江戸のキーワードをチェックしておきましょう。これは江戸にしかない、上方にはない美意識の一つなんですが、女性に
関して使う言葉で、「小股の切れ上がった」というのを、よく耳にすると思います。使い方としては、「小股の切れ上がった
いい女」。あんまり「小股の切れ上がった悪い女」というのは聞かないんで、そこが切れ上がってると、いい女だったらしい
んです。で、この「小股」というのはどこのことで、どう切れ上がってることをいうのか、これは古来から論議されているとこ
ろで、いろんな説があるんです。

一つには、うなじの部分。髪の毛をアップにすると、うなじの、えり足のところが富士山の形になりますね。そこがきれいに
切れ上がってる人のことを言う。あるいは、目が涼しく、切れ長な目である、などなどさまざまな説があるんですが、私の
師匠、及び私の周りの人たちは、こういう説をとっています。ちょっと、「小股の切れ上がった」絵を貼りますね。(とホワイト
ボードに下の浮世絵を貼る)

これは江戸中期・・歌麿より一世代前のころですが・・そのころの美人画家、鳥井清長の美人画です。この、左はじの女の人が切れ上がってるんです。どういうふうにご覧になれますでしょうか。(膝からもものへんを指しながら)だいたいこのあたりが切れ上がってますね。

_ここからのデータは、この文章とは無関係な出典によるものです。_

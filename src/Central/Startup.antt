-- ===== src/Central/Startup.antt =====
-- `run` of cmd/central/main.go from the settings to the components that it builds from them.
mod Made
use dc_streaming_p2p.Base.{
  ℕ, zero, suc, true, false, Option, none, some, List, [], ◌∷◌, Text, ◌⊎◌, inl, inr, ◌≡◌, ◌<◌, refl,
  sym, arith, length, is_nil,
}
use dc_streaming_p2p.Base.Int.{pos}
use dc_streaming_p2p.Base.Strings.{is_empty, trim_space}
use dc_streaming_p2p.Config as Settings
use dc_streaming_p2p.Config.{Config, Outside}
use dc_streaming_p2p.Config.Load.{load}
use dc_streaming_p2p.Config.Checked.{IsUsable, load-IsUsable}
use dc_streaming_p2p.Auth.Clients
use dc_streaming_p2p.Auth.Clients.{ClientStore}
use dc_streaming_p2p.Auth.Tokens
use dc_streaming_p2p.Auth.Tokens.{new_token_issuer}
use dc_streaming_p2p.Auth.Limiter
use dc_streaming_p2p.Registry.Defs
use dc_streaming_p2p.Session.Store
use dc_streaming_p2p.Session.Record.{allow_all}
use dc_streaming_p2p.Signaling.Hub
use dc_streaming_p2p.Ice
use dc_streaming_p2p.Central.Startup.Made.{
  limiter_made, issuer_made, registry_made, sessions_made, hub_made, ice_made,
}

-- Why `run` stops: the settings, or what one of the components says of its own.
pub data Fault : Type 0 where
  settings_refused : List Settings.Problem → Fault
  clients_refused : List Clients.Problem → Fault
  issuer_refused : Tokens.Error → Fault
  limiter_refused hub_refused : Fault
  registry_refused : List Defs.Problem → Fault
  sessions_refused : Store.OptionsError → Fault
  ice_refused : Ice.Error → Fault

-- What `run` holds on to.
pub record Components (H : Type 0) : Type 0 where
  pub clients : ClientStore H
  pub issuer : Tokens.Issuer
  pub limiter : Limiter.Limiter
  pub peers : Defs.Registry
  pub sessions : Store.Store
  pub hub : Hub.Hub
  pub ice : Ice.Provider

-- The options that `run` makes of the settings.
abbrev pub registry_options : Config → Defs.Options
registry_options c = record {
  heartbeat_interval = pos c.heartbeat_interval;
  suspect_after = pos c.suspect_after;
  offline_after = pos c.offline_after;
  max_peers = pos c.max_peers;
}

abbrev pub session_options : Config → Store.Options
session_options c = record {
  negotiation_timeout = pos c.negotiation_timeout;
  retention = pos c.session_retention;
  max_sessions = pos c.max_sessions;
  max_sessions_per_peer = pos c.max_sessions_per_peer;
  authorizer = none;
}

abbrev pub hub_options : Config → Hub.Options
hub_options c = record {
  has_sessions = true;
  has_presence = true;
  messages_per_window = pos c.signal_messages_per_window;
  window = pos c.signal_window;
  send_timeout = pos 0;
}

abbrev pub ice_options : Config → Ice.Options
ice_options c = record {
  stun_urls = c.stun_urls;
  turn_urls = c.turn_urls;
  secret = c.turn_secret;
  credential_ttl = pos c.turn_credential_ttl;
}

-- What each constructor answers, as a component or a fault.
abbrev pub or_fault {ℓ κ} : {A : Type ℓ} {E : Type κ} → (E → Fault) → E ⊎ A → Fault ⊎ A
or_fault fault (inl e) = inl (fault e)
or_fault fault (inr a) = inr a

abbrev pub limiter_of : Limiter.NewResult → Fault ⊎ Limiter.Limiter
limiter_of (Limiter.created l) = inr l
limiter_of _ = inl limiter_refused

abbrev pub registry_of : Defs.NewResult → Fault ⊎ Defs.Registry
registry_of (Defs.refused problems) = inl (registry_refused problems)
registry_of (Defs.created r) = inr r

abbrev pub sessions_of : Store.NewResult → Fault ⊎ Store.Store
sessions_of (Store.refused e) = inl (sessions_refused e)
sessions_of (Store.created s) = inr s

abbrev pub hub_of : Option Hub.Hub → Fault ⊎ Hub.Hub
hub_of none = inl hub_refused
hub_of (some h) = inr h

-- A step of `run` that may fail, and the steps after it.
abbrev pub and_next {ℓ κ} : {A : Type ℓ} {B : Type κ} → Fault ⊎ A → (A → Fault ⊎ B) → Fault ⊎ B
and_next (inl fault) next = inl fault
and_next (inr a) next = next a

module _ {H : Type 0} (sum256 : Text → H) where
  unfoldable pub assemble : Config → Fault ⊎ Components H
  assemble c = and_next (or_fault clients_refused (Clients.new sum256 c.clients)) (λ clients.
      and_next
        (or_fault issuer_refused (new_token_issuer c.token_signing_key c.issuer (pos c.token_ttl)))
        (λ issuer.
          and_next (limiter_of (Limiter.new (pos c.auth_max_failures) (pos c.auth_failure_window)))
            (λ limiter. and_next (registry_of (Defs.new (registry_options c))) (λ peers.
              and_next (sessions_of (Store.new (session_options c))) (λ sessions.
                and_next (hub_of (Hub.new (hub_options c))) (λ hub.
                  and_next (or_fault ice_refused (Ice.new_provider (ice_options c))) (λ ice.
                    inr (record {
                      clients = clients;
                      issuer = issuer;
                      limiter = limiter;
                      peers = peers;
                      sessions = sessions;
                      hub = hub;
                      ice = ice;
                    }))))))))

  -- `run`, up to the server.
  abbrev pub start_with : List Settings.Problem ⊎ Config → Fault ⊎ Components H
  start_with (inl problems) = inl (settings_refused problems)
  start_with (inr c) = assemble c

  unfoldable pub start : Outside → Fault ⊎ Components H
  start out = start_with (load out sum256)

-- The components that carry the settings as they are, with nothing in them yet.
abbrev pub configured : {H : Type 0} → Config → ClientStore H → Components H
configured c clients = record {
  clients = clients;
  issuer = record { key = c.token_signing_key; issuer = trim_space c.issuer; ttl = c.token_ttl };
  limiter = record {
    allowance = c.auth_max_failures;
    window = c.auth_failure_window;
    failures = [];
    order = [];
    last_sweep = 0;
  };
  peers = record {
    settings = record {
      heartbeat_interval = c.heartbeat_interval;
      suspect_after = c.suspect_after;
      offline_after = c.offline_after;
      ceiling = c.max_peers;
    };
    peers = [];
  };
  sessions = Store.empty_store (record {
    timeout = c.negotiation_timeout;
    retention = c.session_retention;
    ceiling = c.max_sessions;
    per_peer_cap = c.max_sessions_per_peer;
    allows = allow_all;
  });
  hub = record {
    allowance = c.signal_messages_per_window;
    window = c.signal_window;
    send_timeout = Hub.default_send_timeout;
    has_presence = true;
    conns = [];
  };
  ice = record {
    stun = c.stun_urls;
    turn = c.turn_urls;
    secret = c.turn_secret;
    credential_ttl = pos c.turn_credential_ttl;
  };
}

module _ {H : Type 0} (sum256 : Text → H) where
  -- Every part is built from usable settings, and carries them.
  assemble-configured :
      (c : Config)
      → IsUsable sum256 c
      → (clients : ClientStore H) × (Clients.new sum256 c.clients ≡ inr clients)
        × (assemble sum256 c ≡ inr (configured c clients))
  unfolding assemble
  assemble-configured c usable =
      let (clients, made) = usable.clients in
      (
        clients,
        made,
        rw
            (
              made,
              issuer_made c.token_signing_key c.issuer c.token_ttl usable.key usable.issuer
                  usable.token_ttl,
              limiter_made c.auth_max_failures c.auth_failure_window usable.failures
                  usable.failure_window,
              registry_made c.heartbeat_interval c.suspect_after c.offline_after c.max_peers
                  usable.heartbeat usable.suspect usable.offline usable.peers,
              sessions_made c.negotiation_timeout c.session_retention c.max_sessions
                  c.max_sessions_per_peer usable.negotiation usable.sessions
                  usable.sessions_per_peer,
              hub_made c.signal_messages_per_window c.signal_window usable.messages usable.window,
              ice_made c.stun_urls c.turn_urls c.turn_secret c.turn_credential_ttl usable.relay
                  usable.credential_ttl,
            )
            refl,
      )

  -- Settings that load without a problem start the program: no component refuses what `run` makes of
  -- them, the clients are those that are configured, and every other component carries the settings as
  -- they were read, none of them replaced by a default.
  pub load-start :
      (out : Outside) (c : Config)
      → load out sum256 ≡ inr c
      → (clients : ClientStore H) × (Clients.new sum256 c.clients ≡ inr clients)
        × (start sum256 out ≡ inr (configured c clients))
  unfolding start
  load-start out c e =
      let (clients, made, built) = assemble-configured c (load-IsUsable out sum256 c e) in
      (clients, made, rw e built)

「小股」の「小」というのは接頭語で、「小股」というのは「股の付近」なんです。股に付属する部分ということで、だいたい足の付け根のことを言います。どんな足か、この人のような足です。と言っても、この絵ではちょっとわかりにくいんで、詳しく説明しますと、「弦を張った弓のような足」なんです。こう言葉で言っても分かんないと思うんで、真横から強調した絵を書きます。(ホワイトボードに絵をかきながら)
 
太ももは、細くしなってます。膝小僧があって、これはちょっと極端な感じで描いてますけど、つまりこういうふうに、ももから膝、そして膝から下へ、「S字型」を描くような格好の足なんです。全体的には、かなり細いです。で、正面から見ると、多少O脚になっています。ちょっと、聖子ちゃんの足のような、O脚型。真っすぐ立ったとき、左右のくるぶしのところはちゃんとつくのに、膝はつかないという。これで、真横から見るとかすかにS字型を描いている。こういう足の人がその上に着物をまとった場合、とても色っぽいんですね。
これが例えば、西洋式の、よく劇画に出てくるような、足首がキュッとしまって太ももが充実してて、真正面から見ると、太ももの間があかずにきっちりくっつくような(と、ホワイトボードに左の図を描く)こういう足では、着物をまとったとき、太もものあたりが暑苦しいんだそうです。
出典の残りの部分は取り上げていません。